1,35 Volt für die CPU da hast du aber nen schlechten Chip erwischt wenn du nur bis x38 hochgehst


----------



## defender197899 (2. Juni 2017)

das ist die Auto Voltage des Asus Prime mir 801 Bios , die war bis zum 604  bei fast 1,5 V  und ja ich habe sie manuell runtergestellt  .
Ich habe jetzt 1,3 V V Core , die SoC Core ist von 0,9 ab dem 801 Bios auf 1,05 gestiegen .
Mir ging es nur  darum alles auf Auto ausser  der CPU Ratio  einstellen ohne das er seine CPU schrottet .
Und ab der Agesa 1006  ist die Auto Voltage  und  der Ram Support  fast Narrensicher.
Hab ihn mal kurz  auf 4 GHz aber mit altem Bios  auf 1,45 V gehabt


----------



## blautemple (2. Juni 2017)

Tim1974 schrieb:


> Sind 1,35 Volt nicht wahnsinnig viel?
> 
> Mein i7-4770K lief ja schon bei 1,176 Volt brutal heiß (Prime95 SmallFFTs auf rund 90°C trotz Noctua-Kühler), ok der i7 hat einen bescheidenen Wärmeübergang, aber der AMD Ryzen hat doch feinere Strukturen, daher dachte ich würde die VCore deutlich unter 1,0 Volt liegen?!
> 
> ...



Du kannst nicht einfach vollkommen verschiedene Architekturen miteinander vergleichen, 1,35V sind für Ryzen komplett normal...
Und nein, den Unterschied zwischen 2400er und 2666er RAM wirst du höchstens messen, aber nicht fühlen können.


----------



## Tim1974 (2. Juni 2017)

Da scheint ja noch viel Bewegung drinn zu sein, was die BIOS-Versionen und Updates angeht.
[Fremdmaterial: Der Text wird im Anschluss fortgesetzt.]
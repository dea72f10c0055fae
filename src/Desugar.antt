-- ===== src/Desugar.antt =====
-- compiler/desugar.cpp: syntax that stands for other syntax.
pub mod Build
pub mod Exprs
pub mod Statements
pub mod Overloads
pub mod Branches
pub mod Rethrow
pub mod Modules
pub mod Chars
pub mod Tests
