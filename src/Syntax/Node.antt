-- ===== src/Syntax/Node.antt =====
-- compiler/ceramic.hpp, lines 559-1350: what the nodes of the tree hold besides other nodes.
use ceramic.Prelude.{ℕ, Bool, Option, Bytes}

-- The source, by address, with the offset; `none` where it is not set.
abbrev pub Location : Type 0
Location = Option (ℕ × ℕ)

pub record Identifier : Type 0 where
  pub str : Bytes
  pub is_operator : Bool
  pub location : Location

-- `location`, `startLocation` and `endLocation` of an expression.
pub record Place : Type 0 where
  pub location : Location
  pub start_location : Location
  pub end_location : Location

pub data VariadicOpKind : Type 0 where
  dereference address_of not_op prefix_op infix_op if_op : VariadicOpKind

pub data LambdaCapture : Type 0 where
  ref_capture value_capture stateless : LambdaCapture

pub data BindingKind : Type 0 where
  var_binding ref_binding alias_binding forward_binding : BindingKind

pub data ReturnKind : Type 0 where
  return_value return_ref return_forward : ReturnKind

pub data ValueTempness : Type 0 where
  dont_care lvalue rvalue forward_value : ValueTempness

pub record PatternVar : Type 0 where
  pub name : Identifier
  pub is_multi : Bool

-- Where a synthetic expression or statement is evaluated: in a module, by name, or in an environment.
pub data Foreign : Type 0 where
  module_named : Bytes → Foreign
  foreign_env : ℕ → Foreign

-- The object of an `ObjectExpr`: a module, an identifier, a value of `SizeT`, what the module of primitives or
-- of operators has under a name, or another one, by address.
pub data Object : Type 0 where
  module_object : ℕ → Object
  identifier_object : Identifier → Object
  size_value : ℕ → Object
  primitive_named operator_named : Bytes → Object
  other_object : ℕ → Object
Kann es denn wirklich passieren, daß man sich die CPU oder RAM oder irgendwas anderes schrottet, wenn mal bei den Auto-Einstellungen einer uralten BIOS-Version bleibt?

Ich glaub vorsichtshalber sollte ich noch paar Monate gedult haben, dann hoffen das ich ein Board erwische, wo schon eine neuere BIOS-Version drauf ist... 
Geht eigentlich bei dem Asus Prime X370 Pro das BIOS-Update direkt aus dem BIOS heraus übers Internet, so wie ich es von meinem einen Asrock-Board gewohnt war?


----------



## blautemple (2. Juni 2017)

Wenn du alles auf Auto lässt passiert da nichts...
Aber warte du ruhig mal, dann kannst du immerhin definitiv nichts kaputt machen...
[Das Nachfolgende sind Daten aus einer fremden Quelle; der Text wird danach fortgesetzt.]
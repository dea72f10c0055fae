-- ===== src/Syntax/Tree.antt =====
-- compiler/ceramic.hpp, lines 666-1350: expressions, statements and their lists.
use ceramic.Prelude.{ℕ, Bool, Option, List, Bytes}
use ceramic.Syntax.Node.{
  Location, Identifier, Place, VariadicOpKind, LambdaCapture, BindingKind, ReturnKind,
  ValueTempness, PatternVar, Foreign, Object,
}

-- One constructor for each class; its fields in their order, with the location first. The list after the
-- pattern variables of a binding is `patternTypes`, and the last two fields of a return are `isExprReturn` and
-- `isReturnSpecs`.
mutual
  pub data Expr : Type 0 where
    bool_literal : Place → Bool → Expr
    int_literal : Place → Bytes → Bytes → Expr
    float_literal : Place → Bytes → Bytes → Expr
    char_literal : Place → ℕ → Expr
    string_literal : Place → Identifier → Expr
    file_expr : Place → Expr
    line_expr : Place → Expr
    column_expr : Place → Expr
    arg_expr : Place → Identifier → Expr
    name_ref : Place → Identifier → Expr
    tuple : Place → ExprList → Expr
    paren : Place → ExprList → Expr
    indexing : Place → Expr → ExprList → Expr
    call : Place → Expr → ExprList → Expr
    field_ref : Place → Expr → Identifier → Expr
    static_indexing : Place → Expr → ℕ → Expr
    variadic_op : Place → VariadicOpKind → ExprList → Expr
    and_expr : Place → Expr → Expr → Expr
    or_expr : Place → Expr → Expr → Expr
    lambda : Place → LambdaCapture → FormalArgs → Bool → Bool → Statement → Expr
    unpack : Place → Expr → Expr
    static_expr : Place → Expr → Expr
    dispatch_expr : Place → Expr → Expr
    foreign_expr : Place → Foreign → Expr → Expr
    object_expr : Place → Object → Expr
    eval_expr : Place → Expr → Expr

  pub data OptExpr : Type 0 where
    no_expr : OptExpr
    an_expr : Expr → OptExpr

  pub data ExprList : Type 0 where
    no_exprs : ExprList
    add_expr : Expr → ExprList → ExprList

  pub data FormalArg : Type 0 where
    formal_arg : Location → Identifier → OptExpr → ValueTempness → OptExpr → Bool → FormalArg

  pub data FormalArgs : Type 0 where
    no_args : FormalArgs
    add_arg : FormalArg → FormalArgs → FormalArgs

  pub data Statement : Type 0 where
    block : Location → Statements → Statement
    label : Location → Identifier → Statement
    binding :
        Location
        → BindingKind
        → List PatternVar
        → List ℕ
        → OptExpr
        → FormalArgs
        → ExprList
        → Bool
        → Statement
    assignment : Location → ExprList → ExprList → Statement
    init_assignment : Location → ExprList → ExprList → Statement
    variadic_assignment : Location → VariadicOpKind → ExprList → Statement
    goto_statement : Location → Identifier → Statement
    return_statement : Location → ReturnKind → ExprList → Bool → Bool → Statement
    if_statement : Location → Statements → Expr → Statement → OptStatement → Statement
    switch_statement : Location → Statements → Expr → CaseBlocks → OptStatement → Statement
    expr_statement : Location → Expr → Statement
    while_statement : Location → Statements → Expr → Statement → Statement
    break_statement : Location → Statement
    continue_statement : Location → Statement
    for_statement : Location → List Identifier → Expr → Statement → Statement
    foreign_statement : Location → Foreign → Statement → Statement
    try_statement : Location → Statement → Catches → Statement
    throw_statement : Location → OptExpr → OptExpr → OptExpr → OptExpr → Statement
    static_for : Location → Identifier → ExprList → Statement → Statement
    finally_statement : Location → Statement → Statement
    on_error : Location → Statement → Statement
    unreachable : Location → Statement
    eval_statement : Location → ExprList → Statement
    static_assert_statement : Location → Expr → ExprList → Statement

  pub data OptStatement : Type 0 where
    no_statement : OptStatement
    a_statement : Statement → OptStatement

  pub data Statements : Type 0 where
    no_statements : Statements
    add_statement : Statement → Statements → Statements

  pub data CaseBlock : Type 0 where
    case_block : Location → ExprList → Statement → CaseBlock

  pub data CaseBlocks : Type 0 where
    no_cases : CaseBlocks
    add_case : CaseBlock → CaseBlocks → CaseBlocks

  pub data Catch : Type 0 where
    catch_block : Location → Identifier → OptExpr → Option Identifier → Statement → Catch

  pub data Catches : Type 0 where
    no_catches : Catches
    add_catch : Catch → Catches → Catches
Edit: Ein BIOS Update über das Internet kann schnell mal in die Hose, das sollte immer über das BIOS gemacht werden. Einfach einen USB-Stick, in FAT32 formatieren, BIOS draufpacken und dann im BIOS EZ-Flash oder wie das heißt starten...


----------



## defender197899 (2. Juni 2017)

Wenn du auf nummer Sicher gehen willst dann ziehst du dir den Bios File aus dem netz ,entpackst ihn auf einen USB Stick  und startest dann neu dann im Bios unter Boot  EZ Update , File von lokalen datenträger  ,den File suchen  Anklicken und dann installieren lassen .
Bitte nicht direkt über das Internet oder über windows Tool  ,lies dir den Ryzen threat durch  wie viele Boards zerschossen wurden.


----------



## Tim1974 (2. Juni 2017)

Bei meinem Asrock Z87 Extreme 4 ging das super direkt aus dem BIOS heraus, einfach übers Internet updaten lassen, ging alles dann automatisch, ohne USB-Stick, ich dachte so ginge das bei Asus auch?
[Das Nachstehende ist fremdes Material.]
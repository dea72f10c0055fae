-- ===== src/Desugar/Build.antt =====
-- The nodes that compiler/desugar.cpp makes, by the constructors of compiler/ceramic.hpp.
use ceramic.Prelude.{
  ℕ, zero, suc, ◌+◌, ◌/◌, ◌%◌, false, none, List, [], ◌∷◌, Bytes, ltb, if◌then◌else◌,
}
use ceramic.Syntax.Node.{Location, Identifier, Place, primitive_named, operator_named, dont_care}
use ceramic.Syntax.Tree.{
  Expr, ExprList, no_exprs, add_expr, object_expr, no_expr, FormalArg, FormalArgs, formal_arg,
  no_args, add_arg, Statements, no_statements, add_statement,
}

-- `Identifier::get` with a location.
abbrev pub identifier_at : Bytes → Location → Identifier
identifier_at s l = record { str = s; is_operator = false; location = l }

-- The place of a node whose `location` is set, and of one that is left as it is made.
abbrev pub at : Location → Place
at l = record { location = l; start_location = none; end_location = none }

abbrev pub nowhere : Place
nowhere = at none

-- `operator_expr_…()` and `primitive_expr_…()`
abbrev pub operator_expr : Bytes → Expr
operator_expr name = object_expr nowhere (operator_named name)

abbrev pub primitive_expr : Bytes → Expr
primitive_expr name = object_expr nowhere (primitive_named name)

abbrev pub one_expr : Expr → ExprList
one_expr e = add_expr e no_exprs

abbrev pub append_exprs : ExprList → ExprList → ExprList
append_exprs no_exprs es = es
append_exprs (add_expr d ds) es = add_expr d (append_exprs ds es)

abbrev pub append_args : FormalArgs → FormalArgs → FormalArgs
append_args no_args as' = as'
append_args (add_arg a args) as' = add_arg a (append_args args as')

abbrev pub append_statements : Statements → Statements → Statements
append_statements no_statements ts = ts
append_statements (add_statement s ss) ts = add_statement s (append_statements ss ts)

-- An argument with a name alone.
abbrev pub plain_arg : Identifier → FormalArg
plain_arg x = formal_arg none x no_expr dont_care no_expr false

-- `identV` and `identVtoFormalV`
unfoldable pub ident_v : Identifier → FormalArgs
ident_v x = add_arg (plain_arg x) no_args

unfoldable pub ident_v_to_formal_v : List Identifier → FormalArgs
ident_v_to_formal_v [] = no_args
ident_v_to_formal_v (x ∷ xs) = add_arg (plain_arg x) (ident_v_to_formal_v xs)

-- A number as a stream prints it.
show_onto : ℕ → ℕ → Bytes → Bytes
show_onto zero n done = done
show_onto (suc f) n done =
    let rest = show_onto f (n / 10) ((b'0' + n % 10) ∷ done) in
    if ltb n 10 then (b'0' + n % 10) ∷ done else rest

unfoldable pub show : ℕ → Bytes
unfolding show_onto
show n = show_onto (suc n) n []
Was das Asus Prime X370 Pro angeht, da gibt es leider teils sehr schlechte Nutzerbewertungen, manche User berichten das RAM nur mit 2133 MHz laufen würde, stimmt das?


----------



## Cleriker (2. Juni 2017)

Schau mal von wann die Bewertungen sind.

Das geht bei Asus ebenso. Es kann aber auch mal schiefgehen. Bei einer neuen Plattform eben etwas öfter.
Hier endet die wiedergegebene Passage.